2)用1.5mL的离心管装组织样,然后加入600μL的SE。
3)向各个离心管中加入30μL的蛋白酶K,再加入15μL的SDS,充分混匀。
4)消化过夜,65℃水浴12~16h。
5)向各个离心管中加入200μL 65℃预热的6mol/L NaCl,充分混匀。
6)样品放在冰上,加入600μL氯仿。
7)将含样品的离心管包埋在冰里,摇动20min,注意动作要轻柔,以避免DNA断裂,然后12000r/min离心15min。
8)将上层清液用移液器小心的移入新的灭菌的离心管。
9)加入1倍体积无变性的冰冷的无水乙醇,轻扣底部摇动多次,直到DNA析出,然后-20℃放置10-30min。
10)加入500μL冰冷的体积分数70%无水乙醇,并摇动,注意动作要轻柔。
11)10min后,15000r/min离心10min,倾倒出体积分数70%的乙醇,15min真空干燥或空气干燥3-4h。
12)根据DNA的量,加入50~100μL水,保存于4℃过夜,使其完全溶解。
13)第二天,用1%琼脂糖凝胶电泳检测其质量,待分光光度计测定其浓度后,-80℃保存。
3、目标序列及参考序列的扩增
以NCBI数据库(http://www.ncbi.nlm.nih.gov/)公布的牛IGF1R基因序列(GenBank Accession No.AC_000178.1)为参考序列,根据牛IGF1R基因候选区域Chr 21:7967701-8268340的拷贝数变异,具体地,所述的CNV标记位于牛IGF1R基因(GenBankAccession No.AC_000178.1)序列的8170001bp-8180000bp区域内。
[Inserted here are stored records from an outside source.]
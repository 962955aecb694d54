-- ===== src/LoadTest/Sweep.antt =====
-- The load test's comparison of the streams, from src/bin/loadtest.rs: `Seen`, `Block`, `Verdict`
-- and one pass of `sweeper`. Slot 0 is the proxy, the compared nodes follow, and the last one is a
-- second connection to the first node. The maps are association lists, visited in order.
use hypeha.Base.{
  ℕ, zero, suc, ◌+◌, ◌-◌, ◌/◌, ◌%◌, ◌^◌, Bool, true, false, not, ◌&&◌, List, [], ◌∷◌, Option, none,
  some, ltb, leb, ◌==◌, if◌then◌else◌, min, max, add_u32, add_u64, set, get_or, take, drop, any,
  ℕ_discrete,
}
use hypeha.Base.KeyMap.{get}

abbrev pub max_slots : ℕ
max_slots = 8

abbrev pub u32_max : ℕ
u32_max = 2 ^ 32 - 1

abbrev pub age_buckets : ℕ
age_buckets = 120_001

pub record Seen : Type 0 where
  pub at : List (Option ℕ)
  pub ages : List ℕ
  pub born : ℕ
  pub key : ℕ
  pub seq : ℕ
  pub born_max : ℕ

pub record Block : Type 0 where
  pub born : ℕ
  pub n : List ℕ
  pub raced : Bool

-- A counter for each mode: `led` is index 0 and `raced` index 1.
pub record ByMode : Type 0 where
  pub led : ℕ
  pub raced : ℕ

pub record Verdict : Type 0 where
  pub matched : ℕ
  pub lost : ℕ
  pub stale_dropped : ℕ
  pub superseded : ℕ
  pub skipped : ℕ
  pub invented : ℕ
  pub behind_us : ℕ
  pub behind_n : ℕ
  pub ahead_us : ℕ
  pub ahead_n : ℕ
  pub undecided : ℕ
  pub noise_us : ℕ
  pub noise_n : ℕ
  pub noise_max_us : ℕ
  pub twin_first : ℕ
  pub twin_second : ℕ
  pub twin_both : ℕ
  pub node_only : ℕ
  pub twin_only : ℕ
  pub blk_seen : ByMode
  pub blk_same_agree : ByMode
  pub blk_same_differ : ByMode
  pub blk_short : ℕ
  pub blk_short_frames : ℕ
  pub blk_cross_agree : ByMode
  pub blk_cross_differ : ByMode

-- What a pass is told: the window, the compared slots from `start` up to `stop`, the slot of the
-- second connection, if there is one, and the number of slots in use.
pub record Setup : Type 0 where
  pub window : ℕ
  pub start : ℕ
  pub stop : ℕ
  pub noise_slot : Option ℕ
  pub used_slots : ℕ

abbrev pub Blocks : Type 0
Blocks = List ((ℕ × ℕ) × Block)

pub block_key-discrete : Discrete (ℕ × ℕ)
block_key-discrete = hlevel ℕ_discrete

-- `d.as_micros() as u64`
abbrev pub micros : ℕ → ℕ
micros d = d / 1_000 % 2 ^ 64

abbrev pub bump : ℕ → ℕ
bump n = add_u64 n 1

abbrev pub bump_mode : Bool → ByMode → ByMode
bump_mode true m = record m { raced = bump m.raced }
bump_mode false m = record m { led = bump m.led }

-- The values of the compared slots.
abbrev pub compared {ℓ} : {A : Type ℓ} → Setup → List A → List A
compared s xs = take (s.stop - s.start) (drop s.start xs)

-- `filter_map(..).min()` on the times.
unfoldable pub earliest : List (Option ℕ) → Option ℕ
earliest [] = none
earliest (none ∷ xs) = earliest xs
earliest (some t ∷ xs) = elim (earliest xs) [ none ↦ some t | some u ↦ some (min t u) ]

unfoldable pub largest : List ℕ → ℕ
largest [] = 0
largest (x ∷ xs) = max x (largest xs)

-- How the two connections to one node compare on a frame.
unfoldable pub count_twin : Option ℕ → Option ℕ → Verdict → Verdict
count_twin (some b) (some a) v =
    let d = if ltb b a then a - b else b - a in
    let both = record v {
      twin_both = bump v.twin_both;
      noise_us = add_u64 v.noise_us (micros d);
      noise_n = bump v.noise_n;
      noise_max_us = max v.noise_max_us (micros d);
    } in
    if ltb a b
    then record both { twin_first = bump both.twin_first }
    else record both { twin_second = bump both.twin_second }
count_twin (some b) none v = record v { node_only = bump v.node_only }
count_twin none (some a) v = record v { twin_only = bump v.twin_only }
count_twin none none v = v

unfoldable pub judge_twin : Setup → Seen → Verdict → Verdict
unfolding count_twin
judge_twin s e v = elim s.noise_slot [
  | none ↦ v
  | some twin ↦ count_twin (get_or e.at s.start none) (get_or e.at twin none) v
]

-- Each stream's age of a frame goes into the stream's histogram.
unfoldable pub add_ages : ℕ → List ℕ → List (List ℕ) → List (List ℕ)
add_ages zero ages hists = hists
add_ages (suc n) [] hists = hists
add_ages (suc n) (a ∷ more) [] = []
add_ages (suc n) (a ∷ more) (hist ∷ hists) =
    let i = min a (age_buckets - 1) in
    set hist i (add_u32 (get_or hist i 0) 1) ∷ add_ages n more hists

-- Only of frames that every stream in use carried.
unfoldable pub judge_ages : Setup → Seen → List (List ℕ) → List (List ℕ)
unfolding add_ages
judge_ages s e hists =
    if any (λ a. a == u32_max) (take s.used_slots e.ages)
    then hists
    else add_ages s.used_slots e.ages hists

-- Whether the proxy carried the stamp of a frame at all.
unfoldable pub is_carried : Blocks → Seen → Bool
is_carried blocks e = elim (get block_key-discrete (e.key, e.seq) blocks) [
  | none ↦ false
  | some b ↦ not (e.key == u32_max) && ltb 0 (get_or b.n 0 0)
]

-- Whether the proxy is past the stamp by now.
abbrev pub is_passed : List ℕ → Seen → Bool
is_passed wsarb_max e = not (e.key == u32_max) && ltb e.seq (get_or wsarb_max e.key 0)

-- A frame that a node had and the proxy did not.
unfoldable pub count_missing : Blocks → List ℕ → Seen → Verdict → Verdict
unfolding is_carried
count_missing blocks wsarb_max e v =
    if not (e.key == u32_max) && ltb e.seq e.born_max
    then record v { stale_dropped = bump v.stale_dropped }
    else if is_carried blocks e
    then record v { superseded = bump v.superseded }
    else if is_passed wsarb_max e
    then record v { skipped = bump v.skipped }
    else record v { lost = bump v.lost }

unfoldable pub count_match : Blocks → List ℕ → Seen → Option ℕ → Option ℕ → Verdict → Verdict
unfolding count_missing
count_match blocks wsarb_max e (some o) (some t) v =
    let hit = record v { matched = bump v.matched } in
    if leb t o
    then record hit { behind_us = add_u64 v.behind_us (micros (o - t)); behind_n = bump v.behind_n }
    else record hit { ahead_us = add_u64 v.ahead_us (micros (t - o)); ahead_n = bump v.ahead_n }
count_match blocks wsarb_max e none (some t) v = count_missing blocks wsarb_max e v
count_match blocks wsarb_max e (some o) none v = record v { invented = bump v.invented }
count_match blocks wsarb_max e none none v = v

-- A frame whose window is over.
unfoldable pub judge : Setup → Blocks → List ℕ → Seen → Verdict → Verdict
judge s blocks wsarb_max e v =
    count_match blocks wsarb_max e (get_or e.at 0 none) (earliest (compared s e.at))
      (judge_twin s e v)

abbrev pub is_young : Setup → ℕ → ℕ → Bool
is_young s now born = ltb (now - born) s.window

unfoldable pub judge_same : Setup → Block → Verdict → Verdict
judge_same s b v = elim s.noise_slot [
  | none ↦ v
  | some twin ↦
      if get_or b.n s.start 0 == get_or b.n twin 0
      then record v { blk_same_agree = bump_mode b.raced v.blk_same_agree }
      else record v { blk_same_differ = bump_mode b.raced v.blk_same_differ }
]

unfoldable pub judge_short : Setup → Block → Verdict → Verdict
judge_short s b v =
    let best = largest (compared s b.n) in
    if ltb (get_or b.n 0 0) best
    then record v {
      blk_short = bump v.blk_short;
      blk_short_frames = add_u64 v.blk_short_frames (best - get_or b.n 0 0);
    }
    else v

unfoldable pub judge_cross : Setup → Block → Verdict → Verdict
judge_cross s b v =
    if ltb (s.start + 1) s.stop
    then (if get_or b.n s.start 0 == get_or b.n (s.start + 1) 0
        then record v { blk_cross_agree = bump_mode b.raced v.blk_cross_agree }
        else record v { blk_cross_differ = bump_mode b.raced v.blk_cross_differ })
    else v

-- A block whose window is over, if every stream carried it.
unfoldable pub judge_block : Setup → Block → Verdict → Verdict
judge_block s b v =
    if any (λ n. n == 0) (take s.used_slots b.n)
    then v
    else judge_cross s b
        (judge_short s b (judge_same s b (record v { blk_seen = bump_mode b.raced v.blk_seen })))

module _ (s : Setup) (now : ℕ) (finishing : Bool) where
  -- `seen.retain`: what is kept, the counters and the histograms.
  unfoldable pub sweep_seen :
      Blocks
      → List ℕ
      → List (ℕ × Seen)
      → Verdict
      → List (List ℕ)
      → List (ℕ × Seen) × Verdict × List (List ℕ)
  sweep_seen blocks wsarb_max [] v ages = ([], v, ages)
  sweep_seen blocks wsarb_max ((h, e) ∷ es) v ages =
      let young = is_young s now e.born in
      let v' =
        if young
        then (if finishing then record v { undecided = bump v.undecided } else v)
        else judge s blocks wsarb_max e v in
      let ages' = if young then ages else judge_ages s e ages in
      let (kept, done, hists) = sweep_seen blocks wsarb_max es v' ages' in
      (if young && not finishing then (h, e) ∷ kept else kept, done, hists)

  unfoldable pub sweep_blocks : Blocks → Verdict → Blocks × Verdict
  sweep_blocks [] v = ([], v)
  sweep_blocks ((k, b) ∷ bs) v =
      let young = is_young s now b.born in
      let (kept, done) = sweep_blocks bs (if young then v else judge_block s b v) in
      (if young && not finishing then (k, b) ∷ kept else kept, done)

  -- One pass of `sweeper`.
  unfoldable pub sweep :
      List ℕ
      → List (ℕ × Seen)
      → Blocks
      → Verdict
      → List (List ℕ)
      → List (ℕ × Seen) × Blocks × Verdict × List (List ℕ)
  sweep wsarb_max seen blocks v ages =
      let (kept, judged, hists) = sweep_seen blocks wsarb_max seen v ages in
      let (kept_blocks, done) = sweep_blocks blocks judged in (kept, kept_blocks, done, hists)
利用Primer 5.0设计实时荧光定量PCR引物对检测IGF1R基因拷贝数变异,其引物对序列信息如表1所示。IGF1R基因候选区域扩增片段的大小为177bp,内参序列为已知的不存在拷贝数变异的序列,即BTF3基因中的一段109bp的序列(图1)。通过绘制扩增曲线(图2)和溶解峰来确定引物是否适用于qPCR分析。根据绘制的溶解曲线,各样品曲线吻合在一起,且曲线走势平滑,峰高且尖,无引物二聚体或非特异扩增引起的杂峰(图3)。
表1.实时荧光定量PCR的引物信息
其中,进行实时荧光定量PCR所用的扩增体系以12.5μL计为:25ng/μL模板DNA(提取自耳组织样本的基因组DNA)1μL,10pmol/L的上、下游引物各0.5μL,2×SYBR Green qPCRMix 6.25μL,及ddH2O 4.25μL。
qPCR扩增的反应程序为:1)预变性:95℃10min;2)扩增反应:95℃变性15s,60℃退火1min,共40个循环;3)绘制溶解曲线(Bio Rad CFX96 3.1)。
4、拷贝数变异的推断
每个样品分别用目标序列和参考序列的引物进行扩增,并且每对引物3个重复。根据2-ΔCt方法进行拷贝数的分析。其中ΔCt=Ct目的基因–Ct内参基因。2-ΔCt表示的是拷贝数。CT即Cycle threshold,为PCR扩增过程中,扩增产物的荧光信号达到设定的阈值时所经过的扩增循环次数。
根据2*2-ΔCt将定量结果分为三类:插入型,2*2-ΔCt>2.5;缺失型,2*2-ΔCt<1.5;正常型,2*2-ΔCt=1.5~2.5。
5、IGF1R基因CNV位点与生长性状的关联分析
生产数据:体高、十字部高、体斜长、胸围。
关联分析模型:先对数据进行描述分析,确定是否存在离群值,再利用最小二乘分析对数据校正;根据数据特征,应用SPSS 23.0软件分析各基因型间的生产性状效应。在对基因型效应进行分析时采用了固定模型:
Yijk=μ+Ai+CNVj+eijk
其中:Yijk为性状观察值,μ为总体均值,Ai为第i头个体的年龄,CNVj为第j个拷贝数变异类型的固定效应,eijk为随机误差。各组数据间的差异性采用LSD多重比较进行检验,试验结果以Mean±SE形式表示。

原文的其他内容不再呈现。